Applications to set-aside statutory demand – legal principles
[47] Under s 289(2)(a) of the Companies Act 1993 (the Act), a statutory demand must be in respect of a “debt that is due”. It must also be for an amount which is not less than the “prescribed amount”.1
[48] Section 290(4) of the Act provides:
290 Court may set aside statutory demand
…
(4) The court may grant an application to set aside a statutory demand if it is satisfied that—
(a) there is a substantial dispute whether or not the debt is owing or is due; or
(b) the company appears to have a counterclaim, set-off, or cross-demand and the amount specified in the demand less the amount of the counterclaim, set-off, or cross-demand is less than the prescribed amount; or
(c) the demand ought to be set aside on other grounds.
[49] In Arrow Matting Systems Ltd v Impala Equities Ltd, I summarised the principles applicable under s 290(4) as follows:2
[40] …
(1) The applicant must show there is arguably a genuine and substantial dispute as to the existence of the debt. The task for the Court is not to resolve the dispute but to determine whether there is a substantial dispute that the debt is due.
(2) The mere assertion that a dispute exists is not sufficient.
Material, short of proof, is required to support the claim that the debt is disputed.
1 Presently $1,000, under regulation 5 of the Companies Act 1993 Liquidation Regulations 1994.
2 Arrow Matting Systems Ltd v Impala Equities Ltd [2015] NZHC 1479 at [40]-[41], citing Companies and Securities Law (looseleaf ed, Brookers) at [CA 290.02(1)], citing Greys Avenue Investments Ltd v Harbour Construction Ltd HC Auckland CIV-2009-404-2026, 12 June 2009 at [8], Eng Mee Young v Letchuman [1980] AC 331 at 341, and Freemont Design & Construction Ltd v W Stevenson & Sons Ltd HC Auckland CIV-2005-404-4807, 20 April 2006 at [8].
(3) If such material is available, the dispute should normally be resolved other than by means of proceedings in the Companies Court.
(4) An applicant must establish that any counterclaim or cross- demand is reasonably arguable in all the circumstances. The obligation is not to prove the actual claim.
(5) It is not usually possible to resolve disputed questions of fact on affidavit evidence alone, particularly when issues of credibility arise.
[41] However, a conflict in the evidence on its own does not necessarily mean that a setting aside application cannot succeed. A Court is not required to accept uncritically any or every disputed fact.

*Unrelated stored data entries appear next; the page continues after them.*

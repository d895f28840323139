-- ===== src/Codec/Wire.antt =====
-- What the bytes of a transaction carry (src/core/csdtx.ts), the layout as an encoder, and a decoder for it.
use cairn_wallet.Base.{
  ℕ, zero, suc, ◌^◌, ◌<◌, ◌≡◌, refl, Option, none, some, List, [], ◌∷◌, ◌++◌, map, append_assoc,
  length, All, arith,
}
use cairn_wallet.Base.Maybe.{◌>>=◌}
use cairn_wallet.Codec.{Bytes, le_bytes, u64_length, len_bytes, concat}
use cairn_wallet.Codec.Read.{
  read, read_le, read_prefixed, read_le-append, read_le-front, read-width, read-front,
  read_prefixed-append, read_prefixed-front,
}

pub data WireApp : Type 0 where
  no_app : WireApp
  propose : (domain payload_hash uri : Bytes) (expires_epoch : ℕ) → WireApp
  attest : (proposal_id : Bytes) (score confidence : ℕ) → WireApp

pub record WireInput : Type 0 where
  pub prev_txid : Bytes
  pub vout : ℕ
  pub script_sig : Bytes

pub record WireOutput : Type 0 where
  pub value : ℕ
  pub script_pubkey : Bytes

pub record WireTx : Type 0 where
  pub version : ℕ
  pub inputs : List WireInput
  pub outputs : List WireOutput
  pub locktime : ℕ
  pub app : WireApp

-- Widths and ranges of the fields, those that the length prefixes need included.
pub record IsWireInput (i : WireInput) : Type 0 where
  pub txid_width : length i.prev_txid ≡ 32
  pub vout_range : i.vout < 256 ^ 4
  pub script_short : length i.script_sig < 2 ^ 64

pub record IsWireOutput (o : WireOutput) : Type 0 where
  pub value_range : o.value < 256 ^ 8
  pub script_width : length o.script_pubkey ≡ 20

abbrev pub IsWireApp : WireApp → Type 0
IsWireApp no_app = Unit
IsWireApp (propose d h u e) =
    (length d < 2 ^ 64) × (length h ≡ 32) × (length u < 2 ^ 64) × (e < 256 ^ 8)
IsWireApp (attest p s c) = (length p ≡ 32) × (s < 256 ^ 4) × (c < 256 ^ 4)

pub record IsWireTx (w : WireTx) : Type 0 where
  pub version_range : w.version < 256 ^ 4
  pub inputs_short : length w.inputs < 256 ^ 8
  pub inputs_wire : All IsWireInput w.inputs
  pub outputs_short : length w.outputs < 256 ^ 8
  pub outputs_wire : All IsWireOutput w.outputs
  pub locktime_range : w.locktime < 256 ^ 4
  pub app_wire : IsWireApp w.app

unfoldable pub encode_input : WireInput → Bytes
encode_input i = i.prev_txid ++ (le_bytes 4 i.vout ++ len_bytes i.script_sig)

unfoldable pub encode_output : WireOutput → Bytes
encode_output o = le_bytes 8 o.value ++ o.script_pubkey

unfoldable pub encode_app : WireApp → Bytes
encode_app no_app = le_bytes 4 0
encode_app (propose d h u e) = le_bytes 4 1 ++ (len_bytes d ++ (h ++ (len_bytes u ++ le_bytes 8 e)))
encode_app (attest p s c) = le_bytes 4 2 ++ (p ++ (le_bytes 4 s ++ le_bytes 4 c))

unfoldable pub encode : WireTx → Bytes
encode w =
    le_bytes 4 w.version
    ++ (u64_length (length w.inputs)
        ++ (concat (map encode_input w.inputs)
            ++ (u64_length (length w.outputs)
                ++ (concat (map encode_output w.outputs)
                    ++ (le_bytes 4 w.locktime ++ encode_app w.app)))))

decode_input : Bytes → Option (WireInput × Bytes)
decode_input b = read 32 b >>= λ t. read_le 4 t.1 >>= λ v.
    read_prefixed v.1 >>= λ s. some (record { prev_txid = t.0; vout = v.0; script_sig = s.0 }, s.1)

decode_output : Bytes → Option (WireOutput × Bytes)
decode_output b = read_le 8 b >>= λ v.
    read 20 v.1 >>= λ s. some (record { value = v.0; script_pubkey = s.0 }, s.1)

-- `n` elements, one after the other
decode_list {ℓ} : {A : Type ℓ} → (Bytes → Option (A × Bytes)) → ℕ → Bytes → Option (List A × Bytes)
decode_list d zero b = some ([], b)
decode_list d (suc n) b = d b >>= λ x. decode_list d n x.1 >>= λ xs. some (x.0 ∷ xs.0, xs.1)

decode_app_tag : ℕ → Bytes → Option (WireApp × Bytes)
decode_app_tag zero b = some (no_app, b)
decode_app_tag (suc zero) b = read_prefixed b >>= λ d. read 32 d.1 >>= λ h.
    read_prefixed h.1 >>= λ u. read_le 8 u.1 >>= λ e. some (propose d.0 h.0 u.0 e.0, e.1)
decode_app_tag (suc (suc zero)) b =
    read 32 b >>= λ p. read_le 4 p.1 >>= λ s. read_le 4 s.1 >>= λ c. some (attest p.0 s.0 c.0, c.1)
decode_app_tag (suc (suc (suc n))) b = none

decode_app : Bytes → Option (WireApp × Bytes)
decode_app b = read_le 4 b >>= λ t. decode_app_tag t.0 t.1

pub decode : Bytes → Option (WireTx × Bytes)
decode b = read_le 4 b >>= λ v. read_le 8 v.1 >>= λ ni.
    decode_list decode_input ni.0 ni.1 >>= λ ins. read_le 8 ins.1 >>= λ no.
    decode_list decode_output no.0 no.1 >>= λ outs. read_le 4 outs.1 >>= λ l.
    decode_app l.1 >>= λ a.
    some
      (record { version = v.0; inputs = ins.0; outputs = outs.0; locktime = l.0; app = a.0 }, a.1)

decode_input-encode :
    (i : WireInput) (r : Bytes) → IsWireInput i → decode_input (encode_input i ++ r) ≡ some (i, r)
unfolding decode_input encode_input
decode_input-encode i r h = rw (
  read-front 32 i.prev_txid (le_bytes 4 i.vout ++ len_bytes i.script_sig) r h.txid_width,
  read_le-front 4 i.vout (len_bytes i.script_sig) r h.vout_range,
  read_prefixed-append i.script_sig r h.script_short,
)

decode_output-encode :
    (o : WireOutput) (r : Bytes)
    → IsWireOutput o
    → decode_output (encode_output o ++ r) ≡ some (o, r)
unfolding decode_output encode_output
decode_output-encode o r h = rw (
  read_le-front 8 o.value o.script_pubkey r h.value_range,
  read-width 20 o.script_pubkey r h.script_width,
)

module _ {A : Type 0} (d : Bytes → Option (A × Bytes)) (e : A → Bytes) (P : A → Type 0)
    (round : (a : A) (r : Bytes) → P a → d (e a ++ r) ≡ some (a, r)) where
  decode_list-encode :
      (xs : List A) (r : Bytes)
      → All P xs
      → decode_list d (length xs) (concat (map e xs) ++ r) ≡ some (xs, r)
  unfolding decode_list concat
  decode_list-encode [] r h = refl
  decode_list-encode (x ∷ xs) r h = rw (
    append_assoc (e x) (concat (map e xs)) r,
    round x (concat (map e xs) ++ r) h.0,
    decode_list-encode xs r h.1,
  )

  decode_list-front :
      (xs : List A) (s r : Bytes)
      → All P xs
      → decode_list d (length xs) ((concat (map e xs) ++ s) ++ r) ≡ some (xs, s ++ r)
  decode_list-front xs s r h =
      rw (append_assoc (concat (map e xs)) s r) (decode_list-encode xs (s ++ r) h)

decode_app-encode :
    (a : WireApp) (r : Bytes) → IsWireApp a → decode_app (encode_app a ++ r) ≡ some (a, r)
unfolding decode_app decode_app_tag encode_app
decode_app-encode no_app r h = rw (read_le-append 4 0 r (omega arith))
decode_app-encode (propose d p u e) r (hd, hp, hu, he) = rw (
  read_le-front 4 1 (len_bytes d ++ (p ++ (len_bytes u ++ le_bytes 8 e))) r (omega arith),
  read_prefixed-front d (p ++ (len_bytes u ++ le_bytes 8 e)) r hd,
  read-front 32 p (len_bytes u ++ le_bytes 8 e) r hp,
  read_prefixed-front u (le_bytes 8 e) r hu,
  read_le-append 8 e r he,
)
decode_app-encode (attest p s c) r (hp, hs, hc) = rw (
  read_le-front 4 2 (p ++ (le_bytes 4 s ++ le_bytes 4 c)) r (omega arith),
  read-front 32 p (le_bytes 4 s ++ le_bytes 4 c) r hp,
  read_le-front 4 s (le_bytes 4 c) r hs,
  read_le-append 4 c r hc,
)

-- the parts of `encode` behind the inputs
abbrev outputs_part : WireTx → Bytes
outputs_part w = concat (map encode_output w.outputs) ++ (le_bytes 4 w.locktime ++ encode_app w.app)

-- Decoding undoes encoding, and leaves what follows the transaction.
pub decode-encode : (w : WireTx) (r : Bytes) → IsWireTx w → decode (encode w ++ r) ≡ some (w, r)
unfolding decode encode
decode-encode w r h = rw (
  read_le-front 4 w.version _ r h.version_range,
  read_le-front 8 (length w.inputs) _ r h.inputs_short,
  decode_list-front decode_input encode_input IsWireInput decode_input-encode w.inputs _ r
      h.inputs_wire,
  read_le-front 8 (length w.outputs) (outputs_part w) r h.outputs_short,
  decode_list-front decode_output encode_output IsWireOutput decode_output-encode w.outputs _ r
      h.outputs_wire,
  read_le-front 4 w.locktime (encode_app w.app) r h.locktime_range,
  decode_app-encode w.app r h.app_wire,
)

[50] In its recent decision in AAI Ltd v 92 Lichfield Street Ltd (in receivership and liquidation) the Court of Appeal held that an applicant for an order setting aside a statutory demand must show that the dispute it raises has substance; it must explain to the Court what the dispute is, and the dispute so shown must be a real and not a fanciful or insubstantial dispute. The Court must bear in mind that it is operating in the summary jurisdiction with the accompanying disadvantage that brings for any applicant. The Court must also keep in mind the requirement that what is intended to
be a summary judgment hearing should not be converted into a full-blown trial.3
The issues to be decided
[51] The following issues fall to be decided:
(1)Was there an agreement between the parties, under which the Lockwood agreement would be cancelled and the $35,000 deposit refunded to the Trust?
(2)If there was no agreement for the cancellation of the Lockwood agreement, did any unilateral cancellation by the Trust make SHT liable to refund the $35,000 as a debt due to the Trust?
(3) If the answer to issue (2) is “yes”:
3 AAI Ltd v 92 Lichfield Street Ltd (in receivership and liquidation) [2015] NZCA 559 at [22].
(a) is SHT nevertheless entitled to set off any claims it may have under the Cottage agreement and/or the Two Garages agreement against the $35,000?
(b) does SHT have a good counterclaim (or counterclaims) under those two agreements which exceeds the sum of $34,000 (the $35,000 claimed by the Trust minus the minimum sum of $1,000 for which a statutory demand may be issued)?
Issue 1: Was there an agreement between the parties, under which the Lockwood agreement would be cancelled and the $35,000 deposit refunded to the Trust?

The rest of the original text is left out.